Jangan mengonsumsi kentang yang sangat hijau atau memiliki rasa pahit. Rasa pahit menjadi indikator solanin tinggi. Gunakan metode memasak sehat seperti direbus, dikukus, atau dipanggang agar nutrisi tetap terjaga.
Perhatikan porsi konsumsi kentang karena merupakan sumber karbohidrat. Simpan kentang di tempat sejuk, gelap, dan kering agar tidak berubah warna. Hindari paparan cahaya langsung, jangan simpan di kulkas, dan gunakan wadah berventilasi.

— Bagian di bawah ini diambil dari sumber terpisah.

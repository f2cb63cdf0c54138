-- ===== src/Prelude/Xor.antt =====
-- Exclusive or of bytes: taking it twice with the same byte changes nothing.
use Prim.Native.Nat.{
  ℕ, zero, suc, ◌+◌, ◌*◌, ◌/◌, ◌%◌, ◌^◌, ◌≤◌, ◌<◌, digits, differ, bit_xor, bit_xor-bitwise,
}
use mathlib.Core.Path.{◌≡◌, refl}
use native.Mathlib.Nat.{pow-suc}
use native.Mathlib.Omega.{arith}

abbrev xor_digits : ℕ → ℕ → ℕ → ℕ
xor_digits fuel a b = digits (λ b. b) differ fuel a b

-- More fuel than digits makes no difference.
xor_digits-enough :
    (small big a b : ℕ) → a ≤ small → small ≤ big → xor_digits big a b ≡ xor_digits small a b
xor_digits-enough zero zero a b le le' = refl
xor_digits-enough zero (suc big) zero b le le' = refl
xor_digits-enough zero (suc big) (suc a) b le le' = absurd (omega arith)
xor_digits-enough (suc small) zero a b le le' = absurd (omega arith)
xor_digits-enough (suc small) (suc big) zero b le le' = refl
xor_digits-enough (suc small) (suc big) (suc a) b le le' =
    rw (xor_digits-enough small big (suc a / 2) (b / 2) (omega arith) (omega arith))

-- The lowest digit, and the others.
bit_xor-half : (a b : ℕ) → bit_xor a b ≡ bit_xor (a / 2) (b / 2) * 2 + differ (a % 2) (b % 2)
bit_xor-half zero b = simp bit_xor-bitwise (omega arith)
bit_xor-half (suc a) b =
    simp bit_xor-bitwise
      (rw (xor_digits-enough (suc a / 2) a (suc a / 2) (b / 2) (omega arith) (omega arith)))

differ-bit : (a b : ℕ) → a < 2 → b < 2 → (differ a b < 2) × (differ (differ a b) b ≡ a)
differ-bit zero zero la lb = (omega arith, refl)
differ-bit zero (suc zero) la lb = (omega arith, refl)
differ-bit (suc zero) zero la lb = (omega arith, refl)
differ-bit (suc zero) (suc zero) la lb = (omega arith, refl)
differ-bit (suc (suc a)) b la lb = absurd (omega arith)
differ-bit a (suc (suc b)) la lb = absurd (omega arith)

pub bit_xor-fits : (k a b : ℕ) → a < 2 ^ k → b < 2 ^ k → bit_xor a b < 2 ^ k
bit_xor-fits zero a b la lb =
    let p : a ≡ 0 = omega arith in let q : b ≡ 0 = omega arith in rw (p, q) (omega arith)
bit_xor-fits (suc k) a b la lb = omega (
  arith,
  bit_xor-half a b,
  pow-suc 2 k,
  (differ-bit (a % 2) (b % 2) (omega arith) (omega arith)).0,
  bit_xor-fits k (a / 2) (b / 2) (omega (arith, pow-suc 2 k)) (omega (arith, pow-suc 2 k)),
)

pub bit_xor-twice : (k a b : ℕ) → a < 2 ^ k → b < 2 ^ k → bit_xor (bit_xor a b) b ≡ a
bit_xor-twice zero a b la lb =
    let p : a ≡ 0 = omega arith in let q : b ≡ 0 = omega arith in rw (p, q) refl
bit_xor-twice (suc k) a b la lb =
    let d = differ (a % 2) (b % 2) in
    let x = bit_xor a b in
    let (small, back) = differ-bit (a % 2) (b % 2) (omega arith) (omega arith) in
    let half : x / 2 ≡ bit_xor (a / 2) (b / 2) = omega (arith, bit_xor-half a b, small) in
    let low : x % 2 ≡ d = omega (arith, bit_xor-half a b, small) in
    let again : bit_xor (x / 2) (b / 2) ≡ a / 2 =
      rw half (
        bit_xor-twice k (a / 2) (b / 2) (omega (arith, pow-suc 2 k))
          (omega (arith, pow-suc 2 k))) in
    let digit : differ (x % 2) (b % 2) ≡ a % 2 = rw low back in
    omega (arith, bit_xor-half x b, again, digit)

Jauhkan kentang dari bawang atau buah yang mengeluarkan gas etilen. Jangan cuci kentang sebelum disimpan agar permukaannya tidak lembap. Periksa secara rutin agar tidak ada yang busuk atau bertunas sebelum dimasak.
Dengan langkah-langkah ini, kentang tetap bisa dinikmati tanpa risiko berlebihan. Memotong bagian hijau, memasak dengan benar, dan menyimpan dengan tepat akan menjaga kualitas. Kentang hijau pun bisa aman dikonsumsi jika memperhatikan panduan ini.
Kentang hijau muncul akibat paparan cahaya dan penyimpanan lama. Solanin yang terkandung dalam bagian hijau berpotensi menyebabkan keracunan. Dengan membuang bagian hijau, memilih kentang berkualitas, dan memasak dengan tepat, kentang tetap bisa menjadi makanan yang aman dan bergizi.
Langkah sederhana seperti menyimpan di tempat gelap, menghindari cahaya, dan memeriksa secara rutin sangat membantu. Mengonsumsi kentang dengan aman menjaga kesehatan tubuh. Dengan tips ini, kentang hijau tidak perlu ditakuti, tapi tetap harus diolah dengan bijak.